After the new editors of The Ring announced a controversial new championship policy in May 2012, three prominent members of the Ring Advisory Panel resigned. These three members (Springs Toledo, Cliff Rold and Tim Starks) became the founding members of the Transnational Boxing Rankings Board, which was formed over the summer of 2012 with the assistance of Stewart Howe of England. The board only awards vacant championships when the two top-ranked fighters in any division meet.

===Sports Illustrated===
SI.com published galleries of lineal heavyweight and middleweight champions.

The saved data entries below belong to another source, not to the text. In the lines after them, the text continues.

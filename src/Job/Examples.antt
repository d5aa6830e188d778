-- ===== src/Job/Examples.antt =====
-- Tests and instances, on one job and its threads.
use jobs.Prelude.{pos, Bool, true, false, [], ◌∷◌, none, some, ◌≡◌, ◌≢◌, ◌↔◌, refl, arith}
use jobs.Job.{
  Sys, Job, active, stopping, stopped, zombie, sigterm, sigkill, returns, blocks, panics,
}
use jobs.Job.Api.{wait, init_stop, stop, completed}
use jobs.Job.Threads.{
  World, Action, call_stop, begin_cleanup, end_cleanup, timer_expires, timer_stops, process_exits,
  run_exited, follower_ends, step, Reach, IsFresh,
}
use jobs.Job.Diagram.{After, Reach-After}
use jobs.Job.Safety.{step-ne-panics, wait_iff}
use jobs.Job.Stopping.{failed_init_stop_kills}
use jobs.Job.Deadlock.{IsStuck, Patient, wants_lock, Patient-IsStuck, follow_stop_cleanup}
use jobs.Fixtures.{all_ok, no_signal, job, killed_job, world, killed_world}

fresh : IsFresh world
fresh = ground arith

-- A forced stop.
killing : Reach world killed_world
unfolding step
killing = Reach.next Reach.here all_ok call_stop refl

step-ne-panics_example : step all_ok killed_world run_exited ≢ panics
step-ne-panics_example = step-ne-panics fresh killing all_ok run_exited

wait_iff_example :
    ((wait killed_job ≡ returns tt) ↔ (false ≡ true))
    × (◌≡◌ {A = Bool} false false → wait killed_job ≡ blocks)
wait_iff_example = wait_iff fresh killing (λ e. cc)

-- The killed job, when its process ends, and after the waiting goroutine.
abbrev ended_world : World
ended_world = record killed_world { job = record killed_job { process_state = some (pos 0) } }

abbrev dead_zombie : World
dead_zombie = record killed_world {
  job = record killed_job { handler = zombie; process_state = some (pos 0) };
}

abbrev zombie_world : World
zombie_world = record killed_world { job = record killed_job { handler = zombie } }

after_kill : Reach killed_world ended_world
unfolding step
after_kill = Reach.next Reach.here all_ok (process_exits (pos 0)) refl

after_zombie : Reach zombie_world dead_zombie
unfolding step
after_zombie = Reach.next Reach.here all_ok (process_exits (pos 0)) refl

-- A job that was asked to stop.
abbrev asked_world : World
asked_world = record world {
  job = record job {
    sent = sigterm ∷ [];
    handler = stopping;
    stop_timer = some 0;
    next_timer = 1;
    armed = (0, 30) ∷ [];
  };
}

-- An asked job that is stopped by force, and then removed.
stopped_job : Job
unfolding stop
stopped_job = (stop all_ok asked_world.job).0

stopped_world : World
stopped_world = record asked_world { job = stopped_job }

removed_world : World
removed_world = record stopped_world {
  job = record stopped_job { handler = zombie; dir_removed = true };
}

removing : Reach asked_world removed_world
unfolding step removed_world stopped_world stopped_job stop
removing =
    Reach.next {w = record stopped_world { cleaning = true }}
      (Reach.next {w = stopped_world} (Reach.next Reach.here all_ok call_stop refl) all_ok
        begin_cleanup refl)
      all_ok end_cleanup refl

-- It is neither active nor ended.
Reach-After_example : After stopping removed_world.job.handler
Reach-After_example = Reach-After removing

abbrev refused : World
unfolding init_stop
refused = record world { job = (init_stop no_signal job 30).0 }

refuses : (init_stop no_signal world.job 30).1 ≢ none
unfolding init_stop
refuses e = cc

failed_init_stop_kills_example :
    (refused.job.handler ≡ active)
    × ((u v : World) × (step all_ok refused (timer_expires 0) ≡ returns u)
        × (step all_ok u timer_stops ≡ returns v)
        × (v.job.handler ≡ stopped)
        × (v.job.sent ≡ sigkill ∷ []))
unfolding init_stop
failed_init_stop_kills_example =
    failed_init_stop_kills no_signal all_ok world 30 refl refl refuses (λ k. refl)

-- A follower, a forced stop, and a Cleanup.
abbrev stuck : World
stuck = record killed_world {
  job = record killed_job { out_lock = 1; log_readers = 1 };
  cleaning = true;
  followers = 1;
}

stuck-IsStuck : IsStuck stuck
stuck-IsStuck = ground arith

-- The process ends, and the Cleanup still waits.
abbrev still_stuck : World
still_stuck = record stuck {
  job = record killed_job { out_lock = 1; log_readers = 1; process_state = some (pos 0) };
}

waiting : Patient stuck still_stuck
unfolding step
waiting =
    Patient.next Patient.here all_ok (process_exits (pos 0)) (λ e. ground arith) (λ e. ground arith)
      refl

Patient-IsStuck_example :
    IsStuck still_stuck
    × (wait still_stuck.job ≡ blocks)
    × ((sys : Sys)
        → (step sys still_stuck end_cleanup ≡ blocks)
          × (step sys still_stuck follower_ends ≡ blocks)
          × ((a : Action) → wants_lock a ≡ true → step sys still_stuck a ≡ blocks))
Patient-IsStuck_example = Patient-IsStuck stuck-IsStuck waiting

follow_stop_cleanup_example : (u : World) × Reach world u × IsStuck u × (completed u.job ≡ true)
follow_stop_cleanup_example = follow_stop_cleanup all_ok world fresh refl (λ j. refl)
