-- ===== src/Job/New/Examples.antt =====
-- Tests and instances: a start that succeeds, and one whose process does not start.
use jobs.Prelude.{Text, text, text_eq, is_space, Option, none, some, [], ◌∷◌, List, ◌≡◌, refl}
use jobs.Job.{Job, active}
use jobs.Effects.{
  Effect, remove_all, create_file, close_file, make_pipe, close_read, start_process, System, plain,
  ok, err,
}
use jobs.Cgroup.{
  cgroup_name, setup_cgroup, make_outer, setup_inner, echo, limit_io, limit_ram, limit_cpu,
  find_cgroup_mount, scan_mounts, fields, fields_from,
}
use jobs.Job.New.{new, configured, apply, default_job, init_job_dirs, build, launch, cmd_args}
use jobs.Job.New.Failures.{build_start_fails, placed}
use jobs.Fixtures.{host, job}

abbrev no_binary : Effect → Option Text
no_binary (start_process p a w) = some (text "no such file")
no_binary _ = none

abbrev bare_host : System
bare_host = record host { answer = λ before. no_binary }

abbrev given : Job
given = configured host (text "ls") [] []

abbrev made : Job
made = record (placed given) {
  handler = active;
  cgroup_outer = text "/sys/fs/cgroup/job-j2";
  cgroup_inner = text "/sys/fs/cgroup/job-j2/inner";
}

abbrev trace : List Effect
trace = (new (text "ls") [] [] host []).1

makes : new (text "ls") [] [] host [] ≡ (ok made, trace)
unfolding new configured apply default_job init_job_dirs build launch setup_cgroup make_outer
    setup_inner echo limit_io limit_ram limit_cpu find_cgroup_mount scan_mounts fields fields_from
    is_space text_eq cgroup_name
makes = refl

abbrev failed_trace : List Effect
failed_trace = (new (text "ls") [] [] bare_host []).1

abbrev caged : Job
caged = record job {
  cgroup_outer = text "/sys/fs/cgroup/job-j1";
  cgroup_inner = text "/sys/fs/cgroup/job-j1/inner";
}

abbrev cage_trace : List Effect
cage_trace = (setup_cgroup job bare_host (create_file job.out_file_path ∷ [])).1

cages : setup_cgroup job bare_host (create_file job.out_file_path ∷ []) ≡ (ok caged, cage_trace)
unfolding setup_cgroup make_outer setup_inner echo limit_io limit_ram limit_cpu find_cgroup_mount
    scan_mounts fields fields_from is_space text_eq cgroup_name
cages = refl

build_start_fails_example : build job bare_host [] ≡ (
  err (plain (text "no such file")),
  remove_all job.job_dir
      ∷ close_file job.out_file_path
      ∷ close_read
      ∷ start_process caged.shim_path (cmd_args caged) caged.work_dir
      ∷ make_pipe
      ∷ cage_trace,
)
build_start_fails_example =
    build_start_fails job caged bare_host [] cage_trace (text "no such file") refl cages refl refl
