-- ===== src/Supervisor/Shutdown.antt =====
-- StopSupervisor.
use jobs.Prelude.{
  Text, Assoc, true, false, [], ◌∷◌, Option, none, some, ◌≡◌, inl, inr, refl, arith, Bool-cases,
  All, ==_iff,
}
use jobs.Job.{Job, Sys, Handler, active, zombie, Signal, sigterm, returns, blocks, panics, Outcome}
use jobs.Job
use jobs.Job.Api
use jobs.Job.Stopping.{timer_armed}
use jobs.Job.Threads.{is_zombie}
use jobs.Supervisor.{JobSupervisor, stop_all, all_done, cleanup_all, stop_supervisor}

abbrev pub IsDone : Text × Job → Type 0
IsDone (id, j) = j.done ≡ true

-- Nobody reads its output, and it is not removed already.
abbrev pub IsFree : Text × Job → Type 0
IsFree (id, j) = j.out_lock ≡ 0

abbrev pub IsRemoved : Text × Job → Type 0
IsRemoved (id, j) = j.handler ≡ zombie

-- A job that is active still has the timer of its stop request, which will kill it.
abbrev pub WillStop : Text × Job → Type 0
WillStop (id, j) = j.handler ≡ active → timer_armed j ≡ true

asked :
    (sys : Sys) (j : Job)
    → (Api.init_stop sys j 10_000_000_000).0.handler ≡ active
    → timer_armed (Api.init_stop sys j 10_000_000_000).0 ≡ true
unfolding Api.init_stop
asked sys j h = ground (arith, ==_iff j.next_timer j.next_timer)

-- After the first loop of StopSupervisor, every job that is still active, because its signal could
-- not be sent, has its timer armed.
pub stop_all-WillStop : (sys : Sys) (m : Assoc Job) → All WillStop (stop_all sys m)
unfolding stop_all
stop_all-WillStop sys [] = tt
stop_all-WillStop sys ((id, j) ∷ m) = (asked sys j, stop_all-WillStop sys m)

IsDone-all_done : (m : Assoc Job) → All IsDone m → all_done m ≡ true
unfolding all_done
IsDone-all_done [] h = refl
IsDone-all_done ((id, j) ∷ m) h = ground (arith, IsDone-all_done m h.1)

cleanup_free :
    (sys : Sys) (j : Job)
    → j.out_lock ≡ 0
    → sys.remove_all j.job_dir ≡ none
    → (k : Job) × (e : Option Job.Error) × (Api.cleanup sys j ≡ returns (k, e))
      × (k.handler ≡ zombie)
unfolding Api.cleanup
cleanup_free sys j o r = elim (Bool-cases (is_zombie j.handler)) [
  | inl z ↦ (j, some Job.removed, ground arith, ground arith)
  | inr n ↦ (record j { dir_removed = true; handler = zombie }, none, ground arith, refl)
]

cleanup_all-IsRemoved :
    (sys : Sys) (m : Assoc Job)
    → All IsFree m
    → ((dir : Text) → sys.remove_all dir ≡ none)
    → (t : Assoc Job) × (cleanup_all sys m ≡ returns t) × All IsRemoved t
unfolding cleanup_all
cleanup_all-IsRemoved sys [] f r = ([], refl, tt)
cleanup_all-IsRemoved sys ((id, j) ∷ m) f r =
    let (k, e, c, z) = cleanup_free sys j f.0 (r j.job_dir) in
    let (t, d, all) = cleanup_all-IsRemoved sys m f.1 r in ((id, k) ∷ t, rw (c, d) refl, (z, all))

-- While a job that StopSupervisor waits for is not done, it blocks, and removes nothing.
pub stop_supervisor_blocks :
    (sys later : Sys) (meanwhile : Assoc Job → Assoc Job) (s : JobSupervisor)
    → all_done (meanwhile (stop_all sys s.jobs)) ≡ false
    → stop_supervisor sys meanwhile later s ≡ blocks
unfolding stop_supervisor
stop_supervisor_blocks sys later meanwhile s h = rw h refl

-- Once the threads of the jobs have closed the channel of each, no job has an open log reader and
-- the directories can be removed, StopSupervisor returns and every job is removed.
pub stop_supervisor_removes :
    (sys later : Sys) (meanwhile : Assoc Job → Assoc Job) (s : JobSupervisor)
    → All IsDone (meanwhile (stop_all sys s.jobs))
    → All IsFree (meanwhile (stop_all sys s.jobs))
    → ((dir : Text) → later.remove_all dir ≡ none)
    → (t : JobSupervisor) × (stop_supervisor sys meanwhile later s ≡ returns t)
      × All IsRemoved t.jobs
unfolding stop_supervisor
stop_supervisor_removes sys later meanwhile s d f r =
    let (t, e, all) = cleanup_all-IsRemoved later (meanwhile (stop_all sys s.jobs)) f r in
    (record s { jobs = t }, rw (IsDone-all_done (meanwhile (stop_all sys s.jobs)) d, e) refl, all)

===Lineal Boxing Champion defunct===
Since April 6, 2019, LinealBoxingChampion.com (LBC) has been producing monthly, non-computerized divisional rankings for women's professional boxing. The rankings are compiled by an international team of ten boxing experts, which includes site editor and member of the International Boxing Research Organization, Adam McMeeking (from the UK), International Women's Boxing Hall of Fame 2019 inductee, David Avila (from the US), Max Boxing journalist and former Boxing Monthly contributor, Anthony Cocks (from Australia) and Ring Magazine contributor, Yuriko Miyata (from Japan). In keeping with the tradition, the lineal champion status is awarded to the winner of a fight between the number one and number two ranked contenders. Due to its limited number of competitors, LBC does not recognize the bridgerweight division. LBC also keeps a record of the lineal champions in men's boxing, across all 17 weight classes, from the 1880s to present.

==Records==
- Muhammad Ali is the only three-time lineal heavyweight boxing champion. He beat Sonny Liston in 1964, George Foreman in 1974, and Leon Spinks in 1978.
- Manny Pacquiao is the first professional boxer in history to win the lineal world championship in four different weight categories. (flyweight, featherweight, super-featherweight, and light-welterweight). Pacquiao also won the TBRB and The Cyber Boxing Zone welterweight title in 2016, however, he did not gain international consensus as the true lineal welterweight champion of the division, as at the time of Pacquiao/Bradley 3, many (including Ring Magazine) considered Kell Brook to be the best welterweight in the world. Boxing Monthly had Tim Bradley ranked at #3 and The Ring had Bradley at #4. No major sanctioning body titles were on the line for Pacquiao/Bradley 3, and neither was The Ring title.
  - Floyd Mayweather Jr. matched Manny Pacquiao, by winning lineal championships in four weight classes (super featherweight, lightweight, welterweight, and light middleweight).
  - Terence Crawford matched Mayweather and Pacquiao by winning lineal championships in four weight classes (lightweight, light welterweight, welterweight, super middleweight). He is also the only boxer to hold The Ring magazine title in four different divisions.
- Peter Aerts is the only five-time lineal heavyweight kickboxing champion. He beat Patrick Smith in 1994, Andy Hug in 1997, Ernesto Hoost in 1998, Andy Hug in 1998, and Semmy Schilt in 2010.
- Fedor Emelianenko, heavyweight mixed martial artist, held the lineal title for longer than any fighter in history. Fedor won the title from Antônio Rodrigo Nogueira in 2003 and defended it 18 times before eventually losing it to Fabricio Werdum in 2010.
- Claressa Shields, Jessica McCaskill, and Katie Taylor are the only women to be recognized as two-weight lineal champions.